Choosing a Lisp Implementation

Before we get started, you'll have to install a Common Lisp implementation. Out of the free ones, I've had the best experience with Steel Bank Common Lisp (SBCL) -  but I've been hearing a lot of good things about Clozure Common Lisp (CCL) lately. This example is tested with, and geared towards, SBCL - although I suspect with a one line modification in the startup script it should work with CCL as well.

The one major caveat with SBCL is that the threading support is a bit annoying - it only really works with Linux (I've occasionaly had some mixed success with other *nixs like Mac OS X or FreeBSD, but I would recommend against it). Threading is a requirement to hope to get  any semblance of reasonable performance out of a blocking webserver but, as of a few weeks ago, the binary distribution of SBCL has threading disabled (although, there seem to be plans to change this behaviour back to the more sensible default of having threads enabled for Linux in the near future).

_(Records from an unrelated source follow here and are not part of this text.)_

-- ===== src/Runtime/Arith/Exact.antt =====
-- oplr/src/EN_ARITH.CPP: sums, differences and products are those of the integers, and overflow
-- is reported for the results that do not fit and for no others.
use opl_dev.Prelude.{
  ℕ, ◌<◌, List, ◌∷◌, ◌≡◌, refl, ◌∙◌, Bool, true, false, ◌&&◌, ltb, leb, if◌then◌else◌, Bool-cases,
  inl, inr, arith,
}
use opl_dev.Prelude.Int.{
  ℤ, pos, negsuc, pos_part, neg_part, ◌+ℤ◌, ◌-ℤ◌, ◌*ℤ◌, IsInt32, to_int16, to_int32, to_int16_fits,
  to_int32_fits,
}
use opl_dev.Prelude.Outcome.{Outcome, ok, leave, overflow, ◌>>=◌}
use opl_dev.Runtime.Stack.{Item, int16, int32, Stack, push, pop_int16, pop_int32, used}
use opl_dev.Runtime.Arith.{
  outside_int16, signs_differ, is_negative, is_zero, complement, high_32, multiply_l, push_int,
  push_long, add_int, add_long, subtract_int, subtract_long, multiply_int, multiply_long,
}

pub data IntegerOp : Type 0 where
  add subtract multiply : IntegerOp

-- The operation on the integers
abbrev pub exact : IntegerOp → ℤ → ℤ → ℤ
exact add l r = l +ℤ r
exact subtract l r = l -ℤ r
exact multiply l r = l *ℤ r

module _ {R : Type 0} where
  abbrev pub int_op : IntegerOp → Stack R → Outcome (Stack R)
  int_op add = add_int
  int_op subtract = subtract_int
  int_op multiply = multiply_int

  abbrev pub long_op : IntegerOp → Stack R → Outcome (Stack R)
  long_op add = add_long
  long_op subtract = subtract_long
  long_op multiply = multiply_long

abbrev pub fits_int16 : ℤ → Bool
fits_int16 n = ltb (pos_part n) 0x8000 && leb (neg_part n) 0x8000

abbrev pub fits_int32 : ℤ → Bool
fits_int32 n = ltb (pos_part n) 0x8000_0000 && leb (neg_part n) 0x8000_0000

-- The range test on 16 bits
outside_fits : (n : ℤ) → outside_int16 n ≡ (if fits_int16 n then false else true)
outside_fits (pos n) = ground arith
outside_fits (negsuc n) = ground arith

fits_int16-IsInt16 : (n : ℤ) → fits_int16 n ≡ true → to_int16 n ≡ n
fits_int16-IsInt16 n h = to_int16_fits n (ground arith, ground arith)

fits_int32-IsInt32 : (n : ℤ) → fits_int32 n ≡ true → to_int32 n ≡ n
fits_int32-IsInt32 n h = to_int32_fits n (ground arith, ground arith)

-- The sign tests of AddLong and SubtractLong
add_test :
    (l r : ℤ)
    → IsInt32 l
    → IsInt32 r
    → (if signs_differ l r then false else signs_differ l (to_int32 (l +ℤ r)))
      ≡ (if fits_int32 (l +ℤ r) then false else true)
unfolding to_int32 ◌+ℤ◌
add_test (pos l) (pos r) hl hr = ground arith
add_test (pos l) (negsuc r) hl hr = ground arith
add_test (negsuc l) (pos r) hl hr = ground arith
add_test (negsuc l) (negsuc r) hl hr = ground arith

subtract_test :
    (l r : ℤ)
    → IsInt32 l
    → IsInt32 r
    → (if signs_differ l r then signs_differ l (to_int32 (l -ℤ r)) else false)
      ≡ (if fits_int32 (l -ℤ r) then false else true)
unfolding to_int32 ◌-ℤ◌
subtract_test (pos l) (pos r) hl hr = ground arith
subtract_test (pos l) (negsuc r) hl hr = ground arith
subtract_test (negsuc l) (pos r) hl hr = ground arith
subtract_test (negsuc l) (negsuc r) hl hr = ground arith

abbrev of_halves : ℤ → Outcome ℤ
of_halves product =
    if (if is_negative (to_int32 product)
      then (if is_zero (complement (high_32 product)) then false else true)
      else (if is_zero (high_32 product) then false else true))
    then leave overflow
    else ok (to_int32 product)

halves : (p : ℤ) → of_halves p ≡ (if fits_int32 p then ok p else leave overflow)
unfolding to_int32
halves (pos n) = ground arith
halves (negsuc n) = ground arith

-- MultiplyL's test on the two halves of the product
multiply_l-exact :
    (a b : ℤ) → multiply_l a b ≡ (if fits_int32 (a *ℤ b) then ok (a *ℤ b) else leave overflow)
unfolding multiply_l to_int32
multiply_l-exact a b = halves (a *ℤ b)

nest_first :
    {A : Type 0} (b c : Bool) (x y : A)
    → (if b then y else (if c then x else y)) ≡ (if if b then false else c then x else y)
nest_first true c x y = refl
nest_first false c x y = refl

nest_second :
    {A : Type 0} (b c : Bool) (x y : A)
    → (if b then (if c then x else y) else y) ≡ (if if b then c else false then x else y)
nest_second true c x y = refl
nest_second false c x y = refl

module _ {R : Type 0} where
  abbrev pub stack : List (Item R) → ℕ → ℕ → Stack R
  stack is capacity max = record { items = is; capacity = capacity; max_stack = max }

  push_room :
      (i : Item R) (is : List (Item R)) (c m : ℕ)
      → used is < c
      → push i (stack is c m) ≡ ok (stack (i ∷ is) c m)
  unfolding push
  push_room i is c m h = let room : ltb (used is) c ≡ true = ground arith in rw room refl

  -- What an operation gives whose range test agrees with `fits`.
  finish_int :
      (n : ℤ) (test : Bool) (is : List (Item R)) (c m : ℕ)
      → used is < c
      → test ≡ (if fits_int16 n then false else true)
      → (if test then leave overflow else push_int n (stack is c m))
        ≡ (if fits_int16 n then ok (stack (int16 n ∷ is) c m) else leave overflow)
  finish_int n test is c m h e = elim (Bool-cases (fits_int16 n)) [
    | inl f ↦ rw (e, f, fits_int16-IsInt16 n f) (push_room (int16 n) is c m h)
    | inr f ↦ rw (e, f) refl
  ]

  finish_long :
      (n : ℤ) (test : Bool) (is : List (Item R)) (c m : ℕ)
      → used is < c
      → test ≡ (if fits_int32 n then false else true)
      → (if test then leave overflow else push_long (to_int32 n) (stack is c m))
        ≡ (if fits_int32 n then ok (stack (int32 n ∷ is) c m) else leave overflow)
  finish_long n test is c m h e = elim (Bool-cases (fits_int32 n)) [
    | inl f ↦
        rw (e, f, fits_int32-IsInt32 n f, fits_int32-IsInt32 n f) (push_room (int32 n) is c m h)
    | inr f ↦ rw (e, f) refl
  ]

  push_outcome :
      (n : ℤ) (is : List (Item R)) (c m : ℕ)
      → used is < c
      → ((if fits_int32 n then ok n else leave overflow) >>= λ res. push_long res (stack is c m))
        ≡ (if fits_int32 n then ok (stack (int32 n ∷ is) c m) else leave overflow)
  push_outcome n is c m h = elim (Bool-cases (fits_int32 n)) [
    | inl f ↦ rw (f, fits_int32-IsInt32 n f) (push_room (int32 n) is c m h)
    | inr f ↦ rw f refl
  ]

  -- The sum, difference or product of two words on the stack, the right one on top, takes their
  -- place where it fits in 16 bits; where it does not, the opcode leaves with an overflow. There
  -- is room on the stack under them.
  pub int_op-exact :
      (op : IntegerOp) (l r : ℤ) (is : List (Item R)) (c m : ℕ)
      → used is < c
      → int_op op (stack (int16 r ∷ int16 l ∷ is) c m) ≡ (
          if fits_int16 (exact op l r)
          then ok (stack (int16 (exact op l r) ∷ is) c m)
          else leave overflow)
  unfolding add_int subtract_int multiply_int pop_int16
  int_op-exact add l r is c m h = finish_int (l +ℤ r) _ is c m h (outside_fits (l +ℤ r))
  int_op-exact subtract l r is c m h = finish_int (l -ℤ r) _ is c m h (outside_fits (l -ℤ r))
  int_op-exact multiply l r is c m h = finish_int (l *ℤ r) _ is c m h (outside_fits (l *ℤ r))

  -- The sum, difference or product of two longs of 32 bits on the stack, the right one on top,
  -- takes their place where it fits in 32 bits, and the opcode leaves with an overflow where it does
  -- not: the tests of the signs and of the two halves of a product find the overflows and no
  -- others. There is room on the stack under them.
  pub long_op-exact :
      (op : IntegerOp) (l r : ℤ) (is : List (Item R)) (c m : ℕ)
      → IsInt32 l
      → IsInt32 r
      → used is < c
      → long_op op (stack (int32 r ∷ int32 l ∷ is) c m) ≡ (
          if fits_int32 (exact op l r)
          then ok (stack (int32 (exact op l r) ∷ is) c m)
          else leave overflow)
  unfolding add_long subtract_long multiply_long pop_int32
  long_op-exact add l r is c m hl hr h =
      nest_first (signs_differ l r) _ _ _ ∙ finish_long (l +ℤ r) _ is c m h (add_test l r hl hr)
  long_op-exact subtract l r is c m hl hr h =
      nest_second (signs_differ l r) _ _ _
      ∙ finish_long (l -ℤ r) _ is c m h (subtract_test l r hl hr)
  long_op-exact multiply l r is c m hl hr h =
      rw (multiply_l-exact l r) (push_outcome (l *ℤ r) is c m h)
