-- ===== src/Translator/Token.antt =====
-- oplt/inc/OPLTOKEN.H: the tokens of the lexer, the types of the language, and constants.
-- An enumeration's order is significant in the source, and `number` and `rank` give it.
pub mod Values
use opl_dev.Prelude.{ℕ, List}
use opl_dev.Prelude.Int.{ℤ}

-- `TOplToken::TType`. The markers EBadType, EMaxNormalType and ENativeReturn are no types.
pub data OplType : Type 0 where
  word long real string u_word : OplType

abbrev pub rank : OplType → ℕ
rank word = 0
rank long = 1
rank real = 2
rank string = 3
rank u_word = 4

-- `TOplToken::TValue`, the values of class EOperator.
pub data Operator : Type 0 where
  start_of_expression : Operator
  less_than less_than_eq greater_than greater_than_eq equal not_equal : Operator
  plus minus multiply divide power : Operator
  and or not unary_minus : Operator
  perc open_bracket close_bracket end_of_expression : Operator
  perc_less perc_greater perc_plus perc_minus perc_multiply perc_divide : Operator

-- `TOplToken::Number`
abbrev pub number : Operator → ℕ
number start_of_expression = 0
number less_than = 1
number less_than_eq = 2
number greater_than = 3
number greater_than_eq = 4
number equal = 5
number not_equal = 6
number plus = 7
number minus = 8
number multiply = 9
number divide = 10
number power = 11
number and = 12
number or = 13
number not = 14
number unary_minus = 15
number perc = 16
number open_bracket = 17
number close_bracket = 18
number end_of_expression = 19
number perc_less = 20
number perc_greater = 21
number perc_plus = 22
number perc_minus = 23
number perc_multiply = 24
number perc_divide = 25

-- The values of class EIdentifier.
pub data Identifier : Type 0 where
  constant simple array field label : Identifier

-- The values of class EPunctuation.
pub data Punctuation : Type 0 where
  eos colon eof semi_colon comma hash : Punctuation

-- The values of class ECall.
pub data Callable : Type 0 where
  function proc_id proc_by_name opx_function : Callable

-- A token by its class. The values of the last three classes begin statements and declarations;
-- an expression refuses them by their class.
pub data Token : Type 0 where
  operator : Operator → Token
  identifier : Identifier → Token
  punctuation : Punctuation → Token
  call : Callable → Token
  keyword structure reserved : Token

-- `TOplConstant`, over the machine's type of floating-point numbers. A text is its code units.
pub data Constant (R : Type 0) : Type 0 where
  word_value : ℤ → Constant R
  long_value : ℤ → Constant R
  real_value : R → Constant R
  string_value : List ℕ → Constant R

-- `TOplConstant::Type`
abbrev pub type_of : {R : Type 0} → Constant R → OplType
type_of (word_value n) = word
type_of (long_value n) = long
type_of (real_value x) = real
type_of (string_value s) = string
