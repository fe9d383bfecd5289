-- ===== src/Runtime/Compare.antt =====
-- oplr/src/EN_CMP.CPP: the comparison opcodes, each over the four types.
pub mod Order
use opl_dev.Prelude.{ℕ, List, [], ◌∷◌, Bool, true, false, ltb, ◌==◌, if◌then◌else◌}
use opl_dev.Prelude.Int.{ℤ, ltb_ℤ, leb_ℤ}
use opl_dev.Prelude.Outcome.{Outcome, panic, bad_type}
use opl_dev.Translator.Token.{OplType, word, long, real, string, u_word}
use opl_dev.Runtime.Stack.{Stack}
use opl_dev.Runtime.Reals.{Platform}
use opl_dev.Runtime.Arith.{with_ints, with_longs, with_floats, with_texts, push_int, opl_bool}

-- `TDesC16::Compare`: code unit by code unit, and a text that another goes on from is less.
abbrev pub text_less : List ℕ → List ℕ → Bool
text_less [] [] = false
text_less [] (c ∷ t) = true
text_less (b ∷ s) [] = false
text_less (b ∷ s) (c ∷ t) =
    let rest = text_less s t in if ltb b c then true else (if b == c then rest else false)

abbrev pub text_equal : List ℕ → List ℕ → Bool
text_equal [] [] = true
text_equal [] (c ∷ t) = false
text_equal (b ∷ s) [] = false
text_equal (b ∷ s) (c ∷ t) = let rest = text_equal s t in if b == c then rest else false

abbrev pub not_b : Bool → Bool
not_b true = false
not_b false = true

abbrev pub equal_ℤ : ℤ → ℤ → Bool
equal_ℤ a b = if leb_ℤ a b then leb_ℤ b a else false

module _ (m : Platform) where
  -- An opcode by its four tests, `left` first. There is none for unsigned words.
  abbrev pub compare_by :
      (ℤ → ℤ → Bool)
      → (m.R → m.R → Bool)
      → (List ℕ → List ℕ → Bool)
      → OplType
      → Stack m.R
      → Outcome (Stack m.R)
  compare_by on_numbers on_reals on_texts word =
      with_ints λ left right s. push_int (opl_bool (on_numbers left right)) s
  compare_by on_numbers on_reals on_texts long =
      with_longs λ left right s. push_int (opl_bool (on_numbers left right)) s
  compare_by on_numbers on_reals on_texts real =
      with_floats λ left right s. push_int (opl_bool (on_reals left right)) s
  compare_by on_numbers on_reals on_texts string =
      with_texts λ left right s. push_int (opl_bool (on_texts left right)) s
  compare_by on_numbers on_reals on_texts u_word = λ s. panic bad_type

  unfoldable pub compare_less_than : OplType → Stack m.R → Outcome (Stack m.R)
  compare_less_than = compare_by ltb_ℤ m.less text_less

  unfoldable pub compare_less_or_equal : OplType → Stack m.R → Outcome (Stack m.R)
  compare_less_or_equal =
      compare_by leb_ℤ m.less_or_equal (λ left right. not_b (text_less right left))

  unfoldable pub compare_greater_than : OplType → Stack m.R → Outcome (Stack m.R)
  compare_greater_than =
      compare_by (λ left right. ltb_ℤ right left) (λ left right. m.less right left)
        (λ left right. text_less right left)

  unfoldable pub compare_greater_or_equal : OplType → Stack m.R → Outcome (Stack m.R)
  compare_greater_or_equal =
      compare_by (λ left right. leb_ℤ right left) (λ left right. m.less_or_equal right left)
        (λ left right. not_b (text_less left right))

  unfoldable pub compare_equal : OplType → Stack m.R → Outcome (Stack m.R)
  compare_equal = compare_by equal_ℤ m.equal text_equal

  unfoldable pub compare_not_equal : OplType → Stack m.R → Outcome (Stack m.R)
  compare_not_equal =
      compare_by (λ left right. not_b (equal_ℤ left right))
        (λ left right. not_b (m.equal left right)) (λ left right. not_b (text_equal left right))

The unfortunate consqeuence of this decision is that you'll have to install SBCL from source with threading enabled. Ironically, to compile SBCL from source, you must first have a working Common Lisp installation ;-) So, what we'll end up doing is installing an SBCL binary from somewhere and then using this crippled binary to bootstrap a proper SBCL installation from source (with threading enabled).

 

Install SBCL Binary

So, the first step is to install a binary SBCL. If it's possible, I'd highly recommend you use your distribution's package manager (yum, apt, emerge, etc) to install SBCL - otherwise you can install it from http://www.sbcl.org/platform-table.html (using the INSTALL document).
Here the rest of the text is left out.